_Work instructions_
Copy the complete listing exactly as shown.

_Records provided_
-- ===== src/Broadcast/Tabs/Led.antt =====
-- What holds between two acts of the tabs, and that records that go and a closed connection keep it.
use ts_queue.Broadcast.Tabs.{OpenPop, Tabs, of_tab}
use ts_queue.Job.{Job, is_waiting}
use ts_queue.Jobs.{get}
use ts_queue.Jobs.Ids.{IdsDistinct}
use ts_queue.Prelude.{
  ℕ, ◌==◌, ◌<◌, String, true, not, List, [], ◌∷◌, none, some, ◌≡◌, refl, keep, Bool-cases, inl, inr,
}
use ts_queue.Worker.Held.{IsOrdered, shrink-IsOrdered}
use ts_queue.Worker.Weights.{allowance}

-- The job of an open `pop` as it was read: it waits, has an attempt left, and nobody holds it. What is stored under its
-- id, if there is still a record, is that job.
pub record IsChosen (jobs held : List Job) (k : Job) : Type 0 where
  pub waits : is_waiting k.status ≡ true
  pub room : k.attempts < allowance k
  pub free : get k.id held ≡ none
  pub stored : (j : Job) → get k.id jobs ≡ some j → j ≡ k

-- At most one `pop` has chosen a job, in the tab that leads.
abbrev pub AtMostOne : ℕ → List Job → List Job → List OpenPop → Type 0
AtMostOne leader jobs held [] = Unit
AtMostOne leader jobs held (o ∷ rest) = (o.tab ≡ leader) × (rest ≡ []) × IsChosen jobs held o.chosen

pub record IsLed (s : Tabs) : Type 0 where
  pub ordered : IsOrdered s.database.jobs s.held
  pub distinct : IdsDistinct s.database.jobs
  pub one_pop : AtMostOne s.leader s.database.jobs s.held s.open_pops

-- A change of other records keeps the choice.
pub AtMostOne-kept :
    (leader : ℕ) (jobs held after held_after : List Job) (opens : List OpenPop)
    → ((k : Job) → IsChosen jobs held k → IsChosen after held_after k)
    → AtMostOne leader jobs held opens
    → AtMostOne leader after held_after opens
AtMostOne-kept leader jobs held after held_after [] keeps a = tt
AtMostOne-kept leader jobs held after held_after (o ∷ rest) keeps (t, r, c) =
    (t, r, keeps o.chosen c)

-- Records go, and nothing else changes.
pub shrink-IsLed :
    (s : Tabs) (after : List Job)
    → ((i : String) (j : Job) → get i after ≡ some j → get i s.database.jobs ≡ some j)
    → IdsDistinct after
    → IsLed s
    → IsLed (record s { database = record (s.database) { jobs = after } })
shrink-IsLed s after sub d l = record {
  ordered = shrink-IsOrdered s.database.jobs s.held after sub l.ordered;
  distinct = d;
  one_pop =
      AtMostOne-kept s.leader s.database.jobs s.held after s.held s.open_pops
        (λ k c. record {
          waits = c.waits;
          room = c.room;
          free = c.free;
          stored = λ j e. c.stored j (sub k.id j e);
        })
        l.one_pop;
}

-- A `pop` may end without an effect.
close-AtMostOne :
    (leader tab : ℕ) (jobs held : List Job) (opens : List OpenPop)
    → AtMostOne leader jobs held opens
    → AtMostOne leader jobs held (keep (λ p. not (of_tab tab p)) opens)
close-AtMostOne leader tab jobs held [] a = tt
close-AtMostOne leader tab jobs held (o ∷ rest) (t, r, c) = elim (Bool-cases (o.tab == tab)) [
  | inl e ↦ rw (e, r) tt
  | inr e ↦ rw (e, r) (t, refl, c)
]

pub close-IsLed :
    (s : Tabs) (tab : ℕ)
    → IsLed s
    → IsLed (record s { open_pops = keep (λ p. not (of_tab tab p)) s.open_pops })
close-IsLed s tab l = record {
  ordered = l.ordered;
  distinct = l.distinct;
  one_pop = close-AtMostOne s.leader tab s.database.jobs s.held s.open_pops l.one_pop;
}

_Answer space_
-- ===== src/Broadcast/Tabs/Led.antt =====
-- What holds between two acts of the tabs, and that records that go and a closed connection keep it.
use ts_queue.Broadcast.Tabs.{OpenPop, Tabs, of_tab}
use ts_queue.Job.{Job, is_waiting}
use ts_queue.Jobs.{get}
use ts_queue.Jobs.Ids.{IdsDistinct}
use ts_queue.Prelude.{
  ℕ, ◌==◌, ◌<◌, String, true, not, List, [], ◌∷◌, none, some, ◌≡◌, refl, keep, Bool-cases, inl, inr,
}
use ts_queue.Worker.Held.{IsOrdered, shrink-IsOrdered}
use ts_queue.Worker.Weights.{allowance}

-- The job of an open `pop` as it was read: it waits, has an attempt left, and nobody holds it. What is stored under its
-- id, if there is still a record, is that job.
pub record IsChosen (jobs held : List Job) (k : Job) : Type 0 where
  pub waits : is_waiting k.status ≡ true
  pub room : k.attempts < allowance k
  pub free : get k.id held ≡ none
  pub stored : (j : Job) → get k.id jobs ≡ some j → j ≡ k

-- At most one `pop` has chosen a job, in the tab that leads.
abbrev pub AtMostOne : ℕ → List Job → List Job → List OpenPop → Type 0
AtMostOne leader jobs held [] = Unit
AtMostOne leader jobs held (o ∷ rest) = (o.tab ≡ leader) × (rest ≡ []) × IsChosen jobs held o.chosen

pub record IsLed (s : Tabs) : Type 0 where
  pub ordered : IsOrdered s.database.jobs s.held
  pub distinct : IdsDistinct s.database.jobs
  pub one_pop : AtMostOne s.leader s.database.jobs s.held s.open_pops

-- A change of other records keeps the choice.
pub AtMostOne-kept :
    (leader : ℕ) (jobs held after held_after : List Job) (opens : List OpenPop)
    → ((k : Job) → IsChosen jobs held k → IsChosen after held_after k)
    → AtMostOne leader jobs held opens
    → AtMostOne leader after held_after opens
AtMostOne-kept leader jobs held after held_after [] keeps a = tt
AtMostOne-kept leader jobs held after held_after (o ∷ rest) keeps (t, r, c) =
    (t, r, keeps o.chosen c)

-- Records go, and nothing else changes.
pub shrink-IsLed :
    (s : Tabs) (after : List Job)
    → ((i : String) (j : Job) → get i after ≡ some j → get i s.database.jobs ≡ some j)
    → IdsDistinct after
    → IsLed s
    → IsLed (record s { database = record (s.database) { jobs = after } })
shrink-IsLed s after sub d l = record {
  ordered = shrink-IsOrdered s.database.jobs s.held after sub l.ordered;
  distinct = d;
  one_pop =
      AtMostOne-kept s.leader s.database.jobs s.held after s.held s.open_pops
        (λ k c. record {
          waits = c.waits;
          room = c.room;
          free = c.free;
          stored = λ j e. c.stored j (sub k.id j e);
        })
        l.one_pop;
}

-- A `pop` may end without an effect.
close-AtMostOne :
    (leader tab : ℕ) (jobs held : List Job) (opens : List OpenPop)
    → AtMostOne leader jobs held opens
    → AtMostOne leader jobs held (keep (λ p. not (of_tab tab p)) opens)
close-AtMostOne leader tab jobs held [] a = tt
close-AtMostOne leader tab jobs held (o ∷ rest) (t, r, c) = elim (Bool-cases (o.tab == tab)) [
  | inl e ↦ rw (e, r) tt
  | inr e ↦ rw (e, r) (t, refl, c)
]

pub close-IsLed :
    (s : Tabs) (tab : ℕ)
    → IsLed s
    → IsLed (record s { open_pops = keep (λ p. not (of_tab tab p)) s.open_pops })
close-IsLed s tab l = record {
  ordered = l.ordered;
  distinct = l.distinct;
  one_pop = close-AtMostOne s.leader tab s.database.jobs s.held s.open_pops l.one_pop;
}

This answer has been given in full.